[Opening Data extract section]

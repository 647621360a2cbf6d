-- ===== src/Memory.antt =====
-- kernel/memory: the physical page bitmap, the bump allocators, the page tables and DMA buffers.
pub mod Bump
pub mod PageAlloc
pub mod Paging
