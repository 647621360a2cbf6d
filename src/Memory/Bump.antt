-- ===== src/Memory/Bump.antt =====
-- The allocators of kernel/memory/malloc.c that only move a pointer: kmalloc and palloc_aligned.
-- A `size_t` and an address are numbers below 2 ^ 64.
pub mod Align
pub mod Blocks
use unos_kernel.Prelude.{ℕ, ◌+◌, ◌-◌, ◌%◌, ◌^◌, List, [], ◌∷◌, ltb, ◌==◌, if◌then◌else◌, bit_and}

abbrev pub kernel_heap_start : ℕ
kernel_heap_start = 0xFFFF_8000_0000_0000

abbrev pub heap_align : ℕ
heap_align = 8

-- `(size + align - 1) & ~(align - 1)`
abbrev pub round_up : ℕ → ℕ → ℕ
round_up size align =
    bit_and ((size + align + 2 ^ 64 - 1) % 2 ^ 64) (2 ^ 64 - 1 - (align + 2 ^ 64 - 1) % 2 ^ 64)

unfoldable pub align_up : ℕ → ℕ → ℕ
align_up size align = if ltb align 1 then size else round_up size align

-- The state is `heap_curr`; the result is the pointer and the new state.
pub kmalloc : ℕ → ℕ → ℕ × ℕ
unfolding align_up
kmalloc heap_curr size =
    let aligned = align_up heap_curr heap_align in
    let size' = align_up size heap_align in (aligned, (aligned + size') % 2 ^ 64)

-- A sequence of requests: the blocks (pointer and requested size) in order.
pub kmalloc_all : ℕ → List ℕ → List (ℕ × ℕ)
kmalloc_all heap_curr [] = []
kmalloc_all heap_curr (size ∷ sizes) =
    let (ptr, heap) = kmalloc heap_curr size in (ptr, size) ∷ kmalloc_all heap sizes

-- The state is `next_free_phys`.
pub palloc_aligned : ℕ → ℕ → ℕ → ℕ × ℕ
palloc_aligned next_free size align =
    let align' = if ltb align 8 then 8 else align in
    let addr = if next_free % align' == 0 then next_free else round_up next_free align' in
    (addr, (addr + size) % 2 ^ 64)
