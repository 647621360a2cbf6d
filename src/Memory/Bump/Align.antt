-- ===== src/Memory/Bump/Align.antt =====
-- What rounding up by a mask computes, for an alignment that is a power of two.
use native.Mathlib.Nat.{
  one-le-pow, pow-le-pow_right, div-add-mod', mod-lt, div-lt_iff_lt-mul, mod-eq_of_lt, mul-mod_left,
  lt_of_mul-lt-mul_right, mul-le-mul_right,
}
use unos_kernel.Prelude.{
  ℕ, zero, suc, ◌+◌, ◌-◌, ◌*◌, ◌/◌, ◌%◌, ◌^◌, ◌≤◌, ◌<◌, ◌≡◌, ◌∙◌, sym, ap, arith, bit_and, ltb,
  false,
}
use unos_kernel.Prelude.Bits.{bit_and-field, pow-add}
use unos_kernel.Memory.Bump.{round_up, align_up, palloc_aligned}

pred-mul : (q p : ℕ) → (q - 1) * p ≡ q * p - p
pred-mul zero p = omega arith
pred-mul (suc q) p = ap (λ t. t * p) {x = suc q - 1} {y = q} (omega arith) ∙ omega arith

-- A number below 2 ^ 64 loses its low `k` bits to the mask `~(2 ^ k - 1)`.
pub bit_and-high_mask :
    (k j a : ℕ) → k + j ≡ 64 → a < 2 ^ 64 → bit_and a (2 ^ 64 - 2 ^ k) ≡ a / 2 ^ k * 2 ^ k
bit_and-high_mask k j a e h =
    let split : 2 ^ j * 2 ^ k ≡ 2 ^ 64 = sym (pow-add k j) ∙ ap (λ t. 2 ^ t) e in
    let mask : 2 ^ 64 - 2 ^ k ≡ (2 ^ j - 1) * 2 ^ k =
      omega (arith, split, pred-mul (2 ^ j) (2 ^ k)) in
    let small : a / 2 ^ k < 2 ^ j =
      (div-lt_iff_lt-mul (one-le-pow k 2 (omega arith))).1 (omega (arith, split)) in
    ap (bit_and a) mask ∙ bit_and-field k j a ∙ ap (λ (t : ℕ). t * 2 ^ k) (mod-eq_of_lt small)

pub round_up_lem :
    (k j n : ℕ)
    → k + j ≡ 64
    → n + 2 ^ k ≤ 2 ^ 64
    → (round_up n (2 ^ k) % 2 ^ k ≡ 0) × (n ≤ round_up n (2 ^ k)) × (round_up n (2 ^ k) < n + 2 ^ k)
round_up_lem k j n e h =
    let split : 2 ^ j * 2 ^ k ≡ 2 ^ 64 = sym (pow-add k j) ∙ ap (λ t. 2 ^ t) e in
    let one : 1 ≤ 2 ^ k = one-le-pow k 2 (omega arith) in
    let top : (n + 2 ^ k + 2 ^ 64 - 1) % 2 ^ 64 ≡ n + 2 ^ k - 1 = omega (arith) in
    let mask : 2 ^ 64 - 1 - (2 ^ k + 2 ^ 64 - 1) % 2 ^ 64 ≡ 2 ^ 64 - 2 ^ k = omega arith in
    rw (top, mask, bit_and-high_mask k j (n + 2 ^ k - 1) e (omega arith))
      (
        mul-mod_left ((n + 2 ^ k - 1) / 2 ^ k) (2 ^ k),
        omega (arith, div-add-mod' (n + 2 ^ k - 1) (2 ^ k), mod-lt (n + 2 ^ k - 1) {m = 2 ^ k} one),
        omega (arith, div-add-mod' (n + 2 ^ k - 1) (2 ^ k)),
      )

-- Of two multiples, one that is less than a step above the other is not above it.
least : (p a m : ℕ) → a % p ≡ 0 → m % p ≡ 0 → a < m + p → a ≤ m
least p a m ha hm h =
    let below : a / p * p < (m / p + 1) * p = omega (arith, div-add-mod' a p, div-add-mod' m p) in
    let steps : a / p < m / p + 1 = lt_of_mul-lt-mul_right p below in
    let scaled : a / p * p ≤ m / p * p = mul-le-mul_right p (omega arith) in
    omega (arith, div-add-mod' a p, div-add-mod' m p, scaled)

pub align_up_near :
    (k j n : ℕ)
    → k + j ≡ 64
    → n + 2 ^ k ≤ 2 ^ 64
    → (align_up n (2 ^ k) % 2 ^ k ≡ 0) × (n ≤ align_up n (2 ^ k)) × (align_up n (2 ^ k) < n + 2 ^ k)
unfolding align_up
align_up_near k j n e h =
    let one : 1 ≤ 2 ^ k = one-le-pow k 2 (omega arith) in
    let test : ltb (2 ^ k) 1 ≡ false = ground arith in rw test (round_up_lem k j n e h)

-- align_up to a power of two gives the least multiple that is not below the number, as long as
-- the sum does not pass 2 ^ 64.
pub align_up_lem :
    (k j n : ℕ)
    → k + j ≡ 64
    → n + 2 ^ k ≤ 2 ^ 64
    → (align_up n (2 ^ k) % 2 ^ k ≡ 0)
      × (n ≤ align_up n (2 ^ k))
      × ((m : ℕ) → m % 2 ^ k ≡ 0 → n ≤ m → align_up n (2 ^ k) ≤ m)
align_up_lem k j n e h =
    let (aligned, above, near) = align_up_near k j n e h in
    (aligned, above, λ m multiple le. least (2 ^ k) _ m aligned multiple (omega arith))

-- palloc_aligned, asked for an alignment of at least 8, returns an aligned address less than one
-- alignment step above the free pointer, and moves the pointer past the block.
pub palloc_aligned_lem :
    (k j next_free size : ℕ)
    → k + j ≡ 64
    → 3 ≤ k
    → next_free + size + 2 ^ k ≤ 2 ^ 64
    → let (addr, after) = palloc_aligned next_free size (2 ^ k) in
      (addr % 2 ^ k ≡ 0) × (next_free ≤ addr) × (addr < next_free + 2 ^ k) × (after ≡ addr + size)
unfolding palloc_aligned
palloc_aligned_lem k j next_free size e big h =
    let wide : 2 ^ 3 ≤ 2 ^ k = pow-le-pow_right (omega arith) big in
    let test : ltb (2 ^ k) 8 ≡ false = ground arith in
    let (aligned, above, near) = round_up_lem k j next_free e (omega arith) in
    rw test (ground arith)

[Closing Data extract section]

* What the task requires
Copy the lines of the data above exactly as written, beginning with the line containing "let scaled : a" and ending with the line containing "let test : ltb (2 ^ k) 1", and leave out all other lines.

* Task output
    let scaled : a / p * p ≤ m / p * p = mul-le-mul_right p (omega arith) in
    omega (arith, div-add-mod' a p, div-add-mod' m p, scaled)

pub align_up_near :
    (k j n : ℕ)
    → k + j ≡ 64
    → n + 2 ^ k ≤ 2 ^ 64
    → (align_up n (2 ^ k) % 2 ^ k ≡ 0) × (n ≤ align_up n (2 ^ k)) × (align_up n (2 ^ k) < n + 2 ^ k)
unfolding align_up
align_up_near k j n e h =
    let one : 1 ≤ 2 ^ k = one-le-pow k 2 (omega arith) in
    let test : ltb (2 ^ k) 1 ≡ false = ground arith in rw test (round_up_lem k j n e h)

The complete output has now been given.